Reszta to jest jakaś błazenada. O ile kontrpasy na jednokierunkowych ulicach mają jeszcze jakiś sens, o tyle wytyczanie pasów gdzie się tylko da (czyt: gdzie jest szersza ulica) przy krawężnikach jest zwyczajnie GŁUPIE. W praktyce nic to nie zmienia oprócz tego, że zgodnie z prawem jestem zmuszony toczyć się takim pasem, na którym zawsze jest syf, kiła i mogiła. Z reszty jezdni wszelkie śmieci zmiatają pędzące samochody, a tu? Ciekawe też, co będzie zimą?
Albo na chodnikach, jak np. świeży twór na Kościuszki (odcinek od Zamenhofa od Mickiewicza). O krawężnikach, nierównościach i sensownym połączeniu z resztą infrastruktury już nikt nie pomyślał.
Ale na początku była mowa o równowadze, więc w tym wpisie też takowa musi być. Po tych żalach czas na coś pozytywnego.
Po 1: namierzyłem drugiego małego chłopca namalowanego na kamiennicy. Był vis a vis poprzedniego.
Po 2: wieczorem zrobiła się mgła. Potworna mgła, dosłownie w pół godziny powstało mleko w powietrzu.

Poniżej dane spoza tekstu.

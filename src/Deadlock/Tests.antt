-- ===== src/Deadlock/Tests.antt =====
-- Runs of src/deadlock.c, and the theorems about it at concrete inputs.
use fleetos.Base.{ℕ, ◌≡◌, refl, List, [], ◌∷◌, pos, minus_one, ◌+◌, ◌++◌, arith, some, true}
use fleetos.Types.{critical, normal, low}
use fleetos.Deadlock.{
  ResourceGraph, deadlock_init, deadlock_detect, deadlock_wake_waiters, deadlock_cleanup_process,
  deadlock_set_priority, deadlock_request, deadlock_alloc, note_request, enqueue_waiter,
  detect_rounds, detect_from, has_outgoing_request, any_request, is_active, dfs_cycle,
  scan_resources, scan_procs, probe, enter_stack, leave_stack, choose_victim, is_better_victim,
  deadlock_release,
}
use fleetos.Deadlock.Account.{held}
use fleetos.Deadlock.Exclusion.{
  GraphCall, set_priority, request, release, graph_calls, graph_call, resources_conserved,
  one_holder,
}
use fleetos.Deadlock.Wake.{waiting, serve, listed}
use fleetos.Deadlock.Detect.{Verdict, deadlock_detect-Verdict}
use fleetos.Deadlock.Serve.{deadlock_wake_waiters-serve}
use fleetos.Deadlock.Cleanup.{Cleaned, deadlock_cleanup_process-Cleaned}

abbrev junk : ResourceGraph
junk = record {
  allocation = λ (p : ℕ) (r : ℕ). 7;
  request = λ (p : ℕ) (r : ℕ). 7;
  available = λ (r : ℕ). 7;
  active = λ (p : ℕ). true;
  wait_pid = λ (r : ℕ) (i : ℕ). minus_one;
  wait_count = λ (r : ℕ). 0;
  priority = λ (p : ℕ). critical;
}

-- Processes 1 and 2 wait for each other, and process 3 waits for process 1.
abbrev crossed : List GraphCall
crossed =
    set_priority (pos 2) normal
    ∷ set_priority (pos 3) low
    ∷ request (pos 1) (pos 0)
    ∷ request (pos 2) (pos 1)
    ∷ request (pos 1) (pos 1)
    ∷ request (pos 2) (pos 0)
    ∷ request (pos 3) (pos 0)
    ∷ []

detect_crossed :
    deadlock_detect (graph_calls crossed (deadlock_init junk)) minus_one ≡ some (pos 1, pos 3)
unfolding graph_calls graph_call deadlock_init deadlock_set_priority deadlock_request deadlock_alloc
    note_request enqueue_waiter deadlock_detect detect_rounds detect_from has_outgoing_request
    any_request is_active dfs_cycle scan_resources scan_procs probe enter_stack leave_stack
    choose_victim is_better_victim
detect_crossed = refl

deadlock_detect-Verdict_example :
    Verdict
      (graph_calls crossed (deadlock_init junk))
      minus_one
      (deadlock_detect (graph_calls crossed (deadlock_init junk)) minus_one)
deadlock_detect-Verdict_example =
    deadlock_detect-Verdict (graph_calls crossed (deadlock_init junk)) minus_one

resources_conserved_example :
    (graph_calls crossed (deadlock_init junk)).available 1
      + held (graph_calls crossed (deadlock_init junk)) 1
    ≡ 1
resources_conserved_example = resources_conserved crossed junk 1 (omega arith)

one_holder_example : ◌≡◌ {A = ℕ} 2 2
unfolding graph_calls graph_call deadlock_init deadlock_set_priority deadlock_request deadlock_alloc
    note_request enqueue_waiter
one_holder_example =
    one_holder crossed junk 1 2 2 (omega arith) (omega arith) (omega arith) (omega arith)
      (omega arith)

abbrev released : ResourceGraph
released = graph_calls (crossed ++ release (pos 1) (pos 0) ∷ []) (deadlock_init junk)

deadlock_wake_waiters-serve_example :
    (
      (deadlock_wake_waiters released (pos 0)).1,
      waiting (deadlock_wake_waiters released (pos 0)).0 0,
    )
    ≡ serve (is_active released) (released.available 0) (waiting released 0)
deadlock_wake_waiters-serve_example = deadlock_wake_waiters-serve released 0 (omega arith)

wake-crossed :
    serve (is_active released) (released.available 0) (waiting released 0)
    ≡ (pos 2 ∷ [], pos 3 ∷ [])
unfolding graph_calls graph_call deadlock_init deadlock_set_priority deadlock_request deadlock_alloc
    note_request enqueue_waiter deadlock_release is_active listed serve
wake-crossed = refl

deadlock_cleanup_process-Cleaned_example :
    Cleaned 1
      (graph_calls crossed (deadlock_init junk))
      (deadlock_cleanup_process (graph_calls crossed (deadlock_init junk)) (pos 1))
deadlock_cleanup_process-Cleaned_example =
    deadlock_cleanup_process-Cleaned (graph_calls crossed (deadlock_init junk)) 1 (omega arith)
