-- ===== src/FileSystem.antt =====
-- src/filesystem.c and src/filesystem.h: a FAT of 64 blocks of 64 bytes, and a table of 16 files.
-- A path is a C string; a block and the caller's data are lists of bytes. The chains of the FAT are
-- walked on fuel, 65 rounds: more than there are blocks. A walk that leaves the array, where C
-- reads out of bounds, or that runs out of fuel, where C does not stop, is `none`. The log module
-- is included by the source and not called.
pub mod Table
pub mod Delete
pub mod Chain
pub mod Inert
pub mod Undo
mod Tests
use fleetos.Base.{
  ℕ, zero, suc, ◌+◌, ◌-◌, ◌*◌, ◌/◌, ◌<◌, ◌^◌, Bool, true, false, ◌&&◌, ◌||◌, not, List, [], ◌∷◌,
  ◌++◌, ltb, leb, ◌==◌, if◌then◌else◌, length, get_or, set, take, drop, replicate, ℤ, pos, negsuc,
  minus_one, index, is_neg, eq_int, Option, none, some, bytes, same_text, has_prefix, print_int,
  min,
}

abbrev pub block_size : ℕ
block_size = 64

abbrev pub block_count : ℕ
block_count = 64

abbrev pub max_files : ℕ
max_files = 16

abbrev pub fuel : ℕ
fuel = 65

pub record FileEntry : Type 0 where
  pub path : List ℕ
  pub first_block : ℤ
  pub size : ℕ
  pub used : Bool

pub record FileSystem : Type 0 where
  pub blocks : List (List ℕ)
  pub fat : List ℤ
  pub files : List FileEntry
  pub file_count : ℕ

-- The `int` whose four bytes are all `byte`: what `memset` leaves in an array of `int`.
abbrev pub int_of_bytes : ℕ → ℤ
int_of_bytes byte =
    let word : ℕ = byte * 0x01010101 in
    if ltb word (2 ^ 31) then pos word else negsuc (2 ^ 32 - 1 - word)

-- -2, the mark of a free block.
abbrev pub free_mark : ℤ
free_mark = negsuc 1

abbrev pub unused_entry : FileEntry
unused_entry = record { path = []; first_block = pos 0; size = 0; used = false }

-- The three `memset`s of `fs_init`. The low byte of -2 is 254.
abbrev pub blank : FileSystem
blank = record {
  blocks = replicate block_count (replicate block_size 0);
  fat = replicate block_count (int_of_bytes 254);
  files = replicate max_files unused_entry;
  file_count = 0;
}

-- The first index from `i` on with a free block, or -1.
unfoldable pub free_block_from : ℕ → List ℤ → ℤ
free_block_from i [] = minus_one
free_block_from i (b ∷ fat) = if eq_int b free_mark then pos i else free_block_from (suc i) fat

abbrev pub find_free_block : FileSystem → ℤ
find_free_block fs = free_block_from 0 fs.fat

unfoldable pub file_from : ℕ → List FileEntry → List ℕ → ℤ
file_from i [] path = minus_one
file_from i (f ∷ files) path =
    if f.used && same_text f.path path then pos i else file_from (suc i) files path

abbrev pub find_file : FileSystem → List ℕ → ℤ
find_file fs path = file_from 0 fs.files path

-- The first index from `i` on of an unused entry; the length of the table if there is none.
unfoldable pub unused_from : ℕ → List FileEntry → ℕ
unused_from i [] = i
unused_from i (f ∷ files) = if f.used then unused_from (suc i) files else i

abbrev pub entry : FileSystem → ℕ → FileEntry
entry fs i = get_or fs.files i unused_entry

abbrev pub new_entry : List ℕ → FileEntry
new_entry path = record { path = take 63 path; first_block = minus_one; size = 0; used = true }

unfoldable pub fs_create : FileSystem → List ℕ → FileSystem × ℤ
fs_create fs path =
    let idx = unused_from 0 fs.files in
    if leb max_files fs.file_count
    then (fs, minus_one)
    else if not (is_neg (find_file fs path))
    then (fs, pos 0)
    else if leb max_files idx
    then (fs, minus_one)
    else (
      record fs { files = set fs.files idx (new_entry path); file_count = fs.file_count + 1 },
      pos 0,
    )

unfoldable pub fs_init : FileSystem
unfolding fs_create
fs_init =
    let a = (fs_create blank (bytes "/missions/")).0 in
    let b = (fs_create a (bytes "/logs/")).0 in (fs_create b (bytes "/config/")).0

-- `memcpy` of `chunk` into the front of a block.
abbrev pub overwrite : List ℕ → List ℕ → List ℕ
overwrite chunk block = chunk ++ drop (length chunk) block

-- One round of the loop of `fs_write`: the block, its predecessor's link and its own end mark.
unfoldable pub write_block : FileSystem → List ℕ → (prev current : ℤ) → FileSystem
write_block fs chunk prev current =
    let linked = if is_neg prev then fs.fat else set fs.fat (index prev) current in
    record fs {
      blocks =
          set fs.blocks (index current) (overwrite chunk (get_or fs.blocks (index current) []));
      fat = set linked (index current) minus_one;
    }

-- The loop, with `n` blocks left to write; `content` is what is not written yet. The number of
-- bytes written comes with the file system.
unfoldable pub write_blocks :
    ℕ → FileSystem → List ℕ → (written : ℕ) → (prev current : ℤ) → FileSystem × ℕ
write_blocks zero fs content written prev current = (fs, written)
write_blocks (suc n) fs content written prev current =
    let chunk = take block_size content in
    let fs' = write_block fs chunk prev current in
    let next = if ltb 0 n then find_free_block fs' else current in
    let rest = write_blocks n fs' (drop block_size content) (written + length chunk) current next in
    if ltb 0 (length content)
    then (if is_neg next then (fs', written + length chunk) else rest)
    else (fs, written)

-- `blk` is a block of the array.
abbrev pub is_block : ℤ → Bool
is_block blk = not (is_neg blk) && ltb (index blk) block_count

-- `while (fs.fat[blk] != -1) blk = fs.fat[blk];`
unfoldable pub last_block : ℕ → List ℤ → ℤ → Option ℤ
last_block zero fat blk = none
last_block (suc n) fat blk =
    let next = get_or fat (index blk) minus_one in
    let rest = last_block n fat next in
    if is_block blk then (if eq_int next minus_one then some blk else rest) else none

abbrev pub put_entry : FileSystem → ℕ → FileEntry → FileSystem
put_entry fs idx f = record fs { files = set fs.files idx f }

-- The chain just written becomes the file's, or is hung behind its last block.
unfoldable pub attach : FileSystem → ℕ → ℤ → ℕ → Option (FileSystem × ℤ)
attach fs idx first_block written =
    let f = entry fs idx in
    if is_neg f.first_block
    then some (
      put_entry fs idx (record f { first_block = first_block; size = f.size + written }),
      pos written,
    )
    else elim (last_block fuel fs.fat f.first_block) [
      | none ↦ none
      | some blk ↦ some (
        put_entry (record fs { fat = set fs.fat (index blk) first_block }) idx
            (record f { size = f.size + written }),
        pos written,
      )
    ]

-- `fs_write` once the entry `idx` is found. `content` holds the `size` bytes at `data`.
unfoldable pub write_entry : FileSystem → ℕ → List ℕ → Option (FileSystem × ℤ)
write_entry fs idx content =
    let total_blocks = (length content + block_size - 1) / block_size in
    let first_block = find_free_block fs in
    if ltb block_count total_blocks
    then some (fs, minus_one)
    else if is_neg first_block
    then some (fs, minus_one)
    else (let (fs', written) = write_blocks total_blocks fs content 0 minus_one first_block in
        attach fs' idx first_block written)

-- `find_file`, after a creation if the path is new; the result of a creation that fails is -1.
unfoldable pub find_or_create : FileSystem → List ℕ → FileSystem × ℤ
find_or_create fs path =
    let (fs', status) = fs_create fs path in
    if is_neg (find_file fs path)
    then (if is_neg status then (fs', minus_one) else (fs', find_file fs' path))
    else (fs, find_file fs path)

unfoldable pub fs_write : FileSystem → List ℕ → List ℕ → Option (FileSystem × ℤ)
fs_write fs path content =
    let (fs', idx) = find_or_create fs path in
    if length content == 0
    then some (fs, minus_one)
    else if is_neg idx
    then some (fs', minus_one)
    else write_entry fs' (index idx) content

-- The loop of `fs_read`: `room` is `size - read` and `left` is the file's size less `read`.
unfoldable pub read_blocks : ℕ → FileSystem → ℤ → (room left : ℕ) → Option (List ℕ)
read_blocks zero fs blk room left = none
read_blocks (suc n) fs blk room left =
    let chunk = min (min room block_size) left in
    let rest =
      read_blocks n fs (get_or fs.fat (index blk) minus_one) (room - chunk) (left - chunk) in
    if eq_int blk minus_one
    then some []
    else if ltb 0 room
    then (if is_block blk
        then (elim rest [
          | none ↦ none
          | some more ↦ some (take chunk (get_or fs.blocks (index blk) []) ++ more)
        ])
        else none)
    else some []

-- What `fs_read` returns, and the bytes that it copies to the caller's buffer.
unfoldable pub fs_read : FileSystem → List ℕ → ℕ → Option (ℤ × List ℕ)
fs_read fs path size =
    let idx = find_file fs path in
    let f = entry fs (index idx) in
    if size == 0
    then some (minus_one, [])
    else if is_neg idx
    then some (minus_one, [])
    else elim (read_blocks fuel fs f.first_block size f.size) [
      | none ↦ none
      | some content ↦ some (pos (length content), content)
    ]

-- `while (blk != -1) { ... }` of `fs_delete`.
unfoldable pub free_chain : ℕ → FileSystem → ℤ → Option FileSystem
free_chain zero fs blk = none
free_chain (suc n) fs blk =
    let freed = record fs {
      fat = set fs.fat (index blk) free_mark;
      blocks = set fs.blocks (index blk) (replicate block_size 0);
    } in
    let rest = free_chain n freed (get_or fs.fat (index blk) minus_one) in
    if eq_int blk minus_one then some fs else if is_block blk then rest else none

unfoldable pub fs_delete : FileSystem → List ℕ → Option (FileSystem × ℤ)
fs_delete fs path =
    let idx = find_file fs path in
    let f = entry fs (index idx) in
    if is_neg idx then some (fs, minus_one) else elim (free_chain fuel fs f.first_block) [
      | none ↦ none
      | some fs' ↦ some (
        record fs' {
          files = set fs'.files (index idx) (record f { used = false; path = [] });
          file_count = fs'.file_count - 1;
        },
        pos 0,
      )
    ]

unfoldable pub fs_get_file_count : FileSystem → ℕ
fs_get_file_count fs = fs.file_count

-- `/logs/drone_%d_` in an array of 32 bytes.
abbrev pub log_prefix : ℤ → List ℕ
log_prefix pid = take 31 (bytes "/logs/drone_" ++ print_int pid ++ bytes "_")

-- One round of the loop of `fs_cleanup_process`, which drops what `fs_delete` returns.
unfoldable pub cleanup_entry : ℕ → List ℕ → FileSystem → Option (FileSystem × ℤ)
cleanup_entry i prefix fs =
    let f = entry fs i in
    if f.used && has_prefix prefix f.path then fs_delete fs f.path else some (fs, minus_one)

-- The loop with `n` entries left, from index `i` on.
unfoldable pub cleanup_from : ℕ → ℕ → List ℕ → FileSystem → Option FileSystem
cleanup_from zero i prefix fs = some fs
cleanup_from (suc n) i prefix fs = elim (cleanup_entry i prefix fs) [
  | none ↦ none
  | some (fs', r) ↦ cleanup_from n (suc i) prefix fs'
]

unfoldable pub fs_cleanup_process : FileSystem → ℤ → Option FileSystem
fs_cleanup_process fs pid = cleanup_from max_files 0 (log_prefix pid) fs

Zdjęcia nie oddają dobrze rzeczywistości. Żeby zobrazować to, jaka faktycznie była widoczność dodam, że wracając wieczorem przez Limankę i chcąc ominąć rozkopany chodnik wjechałem do.. pergoli śmietnikowej. Przyznam: trochę się zdziwiłem. :)
w tym teren ~0.00 km
Dzień dobry, mieliśmy napadówkę.
Środa, 14 listopada 2012 | Komentarze #0
Sytuacja z dnia wczorajszego:
Siedzę sobie w biurze z dziewczynami. Chwila spokoju, nic się nie dzieje, nikt nie dzwoni. Znalazł się moment na kawkę, herbatkę, ciasteczko, etc.
Wnet zza drzwi wyłania się ubrany na czarno kark z logo pewnej firmy ochroniarskiej na ramieniu. Za nim wchodzi drugi. I tak stoją i dziwnie na nas patrzą - a my patrzymy na nich.
I nawiązał się dialog, zaczęliśmy my:
-Dzień dobry.
-Dzień dobry..? Mieliśmy "napadówkę".
-Eee.. U nas?!
-No tak.
-No nie.. [po chwili namysłu] Może to w firmie X?
-A to nie firma X?
-Nie. To po schodach do góry.
-Aaa.. To przepraszamy.
Ukłonili się i wyszli.
w tym teren ~0.00 km
Kumulacja zła
Wtorek, 13 listopada 2012 | Komentarze #6
Było jakoś po 17, jedną nogą już w domu. Zdążyłem wrócić z Nowosolnej, dojeżdżam do Drewnowskiej i dostaję kurs: Tulipan > M1. Totalna zawrotka, no bez jaj... Telefonicznie nic nie wskórałem, więc trzeba było jechać. Przed Placem Wolności dostrzegłem złowieszczy luz w okolicach korb. Jednak wcześniej mi się nie zdawało. :/ Pit stop, ogarnianie sytuacji i szok: prawa miska suportu mi się poluzowała i to tak zdrowo. O_O
Na szczęście w plecaku przypadkiem miałem ściągacz do korb i klucz do suportu (celem oddania ich chłopakom). I tu byłby koniec historii, gdyby nie zachciało mi się designerskich śrubek do korb na imbusa 8mm, którego oczywiście nie miałem.
Po kolejnym telefonie (przy którym wyszło, że na deser znowu szwankuje mi słuchawka BT!) udało mi się kurs zamienić na coś o wiele krótszego w obrębie ścisłego centrum.
Z każdym ruchem suport ruszał się po gwincie w te i wewte. I miałem wrażenie, że całość dalej się odkręca. 6km do domu nawet przy małej kadencji daje kilkaset takich ruchów w te i wewte. Brrr... Wizja kolejnej zezłomowanej ramy nie napajała mnie pozytywnie, więc byłem zmuszony wezwać pomoc drogową i do domu wrócić autem.Spacerem po gzymsie
© Raven
Btw, pierwszy raz prowadziłem samochód w SPDach - dziwne uczucie.
w tym teren ~0.00 km
Testowania ciąg dalszy, czyli drugi dzień w pracy
Czwartek, 8 listopada 2012 | Komentarze #0
Też miało padać, więc i stricte deszczowo się ubrałem. Na złość nie padało.
Rowerek problemów nie sprawiał. Póki co jestem zadowolony.